Tuesday 5 August 2014

Do cash transfer programs lower child lobor?

o cash transfer programs - social protection programs that provide income to poor households often on the condition that children in these households attend school - lower child labor? Answering this question is important for a variety of reasons. Child labor is widely prevalent. According to the latest
estimates of the International Labour Organization, about 10% of the children aged 5 to 14 worldwide are engaged in economic activities, often despite national child labor regulation prohibiting their involvement in work. Participation in child labor is often feared to affect children's ability to learn in school, to affect their health both in the short and long-run, and to result in negative externalities. And, while cash transfer programs are currently operated by many countries around the world and many of them target populations with high child labor prevalence rates, in theory their effect on child labor is ambiguous. The latter statement requires a little more explanation. Providing households with additional income will increase their consumption of "normal goods" such as schooling and leisure and thus lower children's participation in work. Moreover, if the additional income is provided conditional on children's school attendance, this will increase the opportunity cost of children's work. However, cash transfer programs may increase household investment in productive activities (e.g. Gertler, Martinez, and Rubio-Codina, 2012; Daidone et al., 2014) and thus raise the returns to children's work. They may boost the local economy (e.g. Angelucci and De Giorgi, 2009) and thus raise the demand for child labor. They may improve children's health and nutrition (e.g. Fiszbein and Schady, 2009) and thus affect their ability to carry out productive activities. And, paradoxically, it is possible that cash transfer programs lower some households' disposable income and thus increase incentives for children in these households to work. The latter happens when cash transfer programs effectively increase school participation, but do not fully compensate for the cost of school attendance (this discussion is related also to De Hoop and Rosati, 2014).

To get a better understanding of the effects of cash transfer programs on child labor,  Furio C. Rosati and I recently carried out a review of the empirical literature entitled Cash Transfers and Child Labor. In this review we synthesize the evidence presented in impact evaluations of cash transfer programs implemented in various countries. Most of the evidence comes from Latin America and the Caribbean, but there is also some evidence from countries in other geographical areas.

Our review shows that both conditional and unconditional cash transfer programs do tend to lower child labor. None of the examined programs increase children's participation in work, while about half of the programs lowers both the probability that children work and the hours they spend in work. Reductions in child labor are particularly pronounced in poor households. Boys appear to reduce especially their participation in economic activities, while girls reduce especially their participation in household chores. There is some evidence that cash transfer programs cushion the effect of economic shocks, such as the departure of a breadwinner from the household, that may push children out of school and into work.
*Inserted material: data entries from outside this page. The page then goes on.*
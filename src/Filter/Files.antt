-- ===== src/Filter/Files.antt =====
-- e-util/e-filter-part.c and e-util/e-filter-rule.c: parts and rules as XML.
use e_mail_factory.Base.{
  ℕ, ◌+◌, ◌-◌, ◌≡◌, Text, codes, text_eq, text_beq, option_beq, if◌then◌else◌, Bool, true, false,
  not, ◌||◌, List, [], ◌∷◌, ◌++◌, length, Option, none, some,
}
use e_mail_factory.Filter.{
  ElementClass, FilterPart, FilterRule, Grouping, group_all, group_any, Threading, thread_none,
  thread_all, thread_replies, thread_replies_parents, thread_single, RuleContext,
}
use e_mail_factory.Filter.Parts.{find_part, part_clone, or_empty}
use e_mail_factory.Filter.Rules.{emit_changed, add_part}
use e_mail_factory.Filter.Xml.{
  Xml, element, XmlList, nil, cons, node_name, node_content, node_children, get_prop, Titles,
}

-- The xml_encode and xml_decode methods of EFilterElementClass, and what every class keeps to: a value
-- that is read into an element of its type is equal to the one that was written, if it can be stored.
pub record ElementXml {ℓ} (E : Type ℓ) ⦃c : ElementClass E⦄ : Type ℓ where
  pub xml_encode : E → Xml
  pub xml_decode : E → Xml → E
  pub is_storable : E → Bool
  pub encode_name : (e : E) → node_name (xml_encode e) ≡ codes "value"
  pub encode_prop :
      (e : E) (name : Text)
      → is_storable e ≡ true
      → c.name e ≡ some name
      → get_prop (codes "name") (xml_encode e) ≡ some name
  pub decode_name :
      (slot e : E) (name : Text)
      → is_storable e ≡ true
      → c.name e ≡ some name
      → c.name (xml_decode slot (xml_encode e)) ≡ some name
  pub decode_eq :
      (slot e : E) (name : Text)
      → is_storable e ≡ true
      → c.name e ≡ some name
      → c.same_type slot e ≡ true
      → c.eq (xml_decode slot (xml_encode e)) e ≡ true
  pub same_type_clone : (slot e : E) → c.same_type (c.clone slot) e ≡ c.same_type slot e

abbrev pub grouping_text : Grouping → Text
grouping_text group_all = codes "all"
grouping_text group_any = codes "any"

abbrev pub threading_props : Threading → List (Text × Text)
threading_props thread_none = []
threading_props thread_all = (codes "threading", codes "all") ∷ []
threading_props thread_replies = (codes "threading", codes "replies") ∷ []
threading_props thread_replies_parents = (codes "threading", codes "replies_parents") ∷ []
threading_props thread_single = (codes "threading", codes "single") ∷ []

abbrev pub source_text : Option Text → Text
source_text none = codes "incoming"
source_text (some source) = source

abbrev pub bool_text : Bool → Text
bool_text true = codes "true"
bool_text false = codes "false"

-- The tests on the attributes in filter_rule_xml_decode.
abbrev pub read_enabled : Option Text → Bool
read_enabled none = true
read_enabled (some text) = not (text_beq text (codes "false"))

abbrev pub read_grouping : Text → Grouping
read_grouping text = if text_beq text (codes "any") then group_any else group_all

abbrev pub read_threading : Option Text → Threading
read_threading none = thread_none
read_threading (some text) =
    if text_beq text (codes "all")
    then thread_all
    else if text_beq text (codes "replies")
    then thread_replies
    else if text_beq text (codes "replies_parents")
    then thread_replies_parents
    else if text_beq text (codes "single")
    then thread_single
    else thread_none

-- The title, and the set of parts after it.
unfoldable pub encode_children : Titles → Option Text → XmlList → XmlList
encode_children titles none parts = cons (element (codes "partset") [] [] parts) nil
encode_children titles (some name) parts =
    cons (element (codes "title") [] (titles.set_content (titles.markup_escape name)) nil)
      (cons (element (codes "partset") [] [] parts) nil)

module _ {ℓ} {E : Type ℓ} ⦃c : ElementClass E⦄ ⦃x : ElementXml E⦄ where
  unfoldable pub encode_elements : List E → XmlList
  encode_elements [] = nil
  encode_elements (e ∷ es) = cons (x.xml_encode e) (encode_elements es)

  -- e_filter_part_xml_encode
  unfoldable pub part_xml_encode : FilterPart E → Xml
  part_xml_encode part =
      element (codes "part") ((codes "name", or_empty part.name) ∷ []) []
        (encode_elements part.elements)

  -- The element that e_filter_part_find_element gives is decoded in place.
  unfoldable pub decode_element : Text → Xml → List E → List E
  decode_element name child [] = []
  decode_element name child (e ∷ es) =
      if option_beq (c.name e) (some name)
      then x.xml_decode e child ∷ es
      else e ∷ decode_element name child es

  -- One round of the loop of e_filter_part_xml_decode.
  unfoldable pub decode_value : Xml → List E → List E
  decode_value child es =
      if text_beq (node_name child) (codes "value")
      then elim (get_prop (codes "name") child) [
        | none ↦ es
        | some name ↦ decode_element name child es
      ]
      else es

  unfoldable pub decode_values : XmlList → List E → List E
  decode_values nil es = es
  decode_values (cons child children) es = decode_values children (decode_value child es)

  -- e_filter_part_xml_decode
  unfoldable pub part_xml_decode : Xml → FilterPart E → FilterPart E
  part_xml_decode node part = record part {
    elements = decode_values (node_children node) part.elements;
  }

  unfoldable pub encode_parts : List (ℕ × FilterPart E) → XmlList
  encode_parts [] = nil
  encode_parts ((a, part) ∷ parts) = cons (part_xml_encode part) (encode_parts parts)

  module _ (titles : Titles) where
    -- filter_rule_xml_encode
    unfoldable pub rule_xml_encode : FilterRule E → Xml
    rule_xml_encode rule =
        element (codes "rule")
          ((codes "enabled", bool_text rule.enabled)
              ∷ (codes "grouping", grouping_text rule.grouping)
              ∷ threading_props rule.threading
            ++ (codes "source", source_text rule.source) ∷ [])
          [] (encode_children titles rule.name (encode_parts rule.parts))

    module _ (addresses : ℕ → ℕ) (context : RuleContext E) where
      -- One round of the loop of filter_rule_load_set.
      unfoldable pub load_part : Xml → FilterRule E → FilterRule E
      load_part work rule =
          if text_beq (node_name work) (codes "part")
          then elim (get_prop (codes "name") work) [
            | none ↦ rule
            | some name ↦ elim (find_part name context.parts) [
              | none ↦ rule
              | some p ↦
                  add_part (addresses (length rule.parts)) (part_xml_decode work (part_clone p.1))
                    rule
            ]
          ]
          else rule

      -- filter_rule_load_set
      unfoldable pub load_set : XmlList → FilterRule E → FilterRule E
      load_set nil rule = rule
      load_set (cons work works) rule = load_set works (load_part work rule)

      abbrev pub is_title : Text → Bool
      is_title name = text_beq name (codes "title") || text_beq name (codes "_title")

      -- One round of the loop of filter_rule_xml_decode.
      unfoldable pub decode_child : Xml → FilterRule E → FilterRule E
      decode_child work rule =
          if text_beq (node_name work) (codes "partset")
          then load_set (node_children work) rule
          else if is_title (node_name work)
          then elim rule.name [
            | none ↦ record rule { name = some (titles.gettext (node_content work)) }
            | some name ↦ rule
          ]
          else rule

      unfoldable pub decode_children : XmlList → FilterRule E → FilterRule E
      decode_children nil rule = rule
      decode_children (cons work works) rule = decode_children works (decode_child work rule)

      -- filter_rule_xml_decode, in a context with threading or without; `none` means that it would
      -- read the missing grouping.
      unfoldable pub filter_rule_xml_decode : Bool → Xml → FilterRule E → Option (FilterRule E)
      filter_rule_xml_decode threads node rule = elim (get_prop (codes "grouping") node) [
        | none ↦ none
        | some grouping ↦ some (
            decode_children (node_children node) (record rule {
              name = none;
              enabled = read_enabled (get_prop (codes "enabled") node);
              grouping = read_grouping grouping;
              threading =
                  if threads
                  then read_threading (get_prop (codes "threading") node)
                  else thread_none;
              source = some (source_text (get_prop (codes "source") node));
            }))
      ]

      -- e_filter_rule_xml_decode
      unfoldable pub rule_xml_decode : Bool → Xml → FilterRule E → Option (FilterRule E)
      rule_xml_decode threads node rule =
          elim (filter_rule_xml_decode threads node (record rule { frozen = rule.frozen + 1 })) [
            | none ↦ none
            | some read ↦ some (emit_changed (record read { frozen = read.frozen - 1 }))
          ]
The empirical literature also provides a note of caution though, as it shows that the effects of cash transfer programs may not be homogeneous within households. In particular, it is possible that some children increase their participation in work and lower their participation in school to support the school participation of their siblings who participate in the cash transfer scheme.

All in all, the empirical evidence is encouraging (this in contrast with recent papers suggesting that interventions that aim to increase households income generating capacity, such as micro-credit schemes, may increase child labor, e.g. Augsburg et al. 2012; Nelson 2011. We therefore conclude that the empirical evidence supports the widespread use and the rapid proliferation of cash transfer programs. That being said, the empirical evidence does not give a solid ground to provide more detailed policy advice. We describe a few particularly pressing issues in our paper and we hope that they will be addressed in future research.

One issue is that, although cash transfer programs tend to reduce child labor on average, there is wide variation in their effects. Our understanding of the causes of this variation is limited. For instance, we know relatively little about how the characteristics of cash transfer programs (e.g. conditions and amounts transferred) affect child labor. Evidence on the role of program characteristics is more abundant for schooling outcomes such as attendance rates and performance in standardized tests. We also do not know whether cash transfer programs are effective at tackling the worst forms of child labor, such as work under hazardous conditions and long working hours. A recent paper (Edmonds and Shreshta, 2013) suggests that they do lower also the worst forms of child labor. However, this paper also points out that the effects of cash transfer programs on child labor tend to last only for the duration of the program and dissipate quickly after the program ends. Finally, we know little about the interaction between cash transfer programs and other interventions. This is an important issue, as cash transfer programs typically form part of a broader set of government policies (such as improvements in the education system).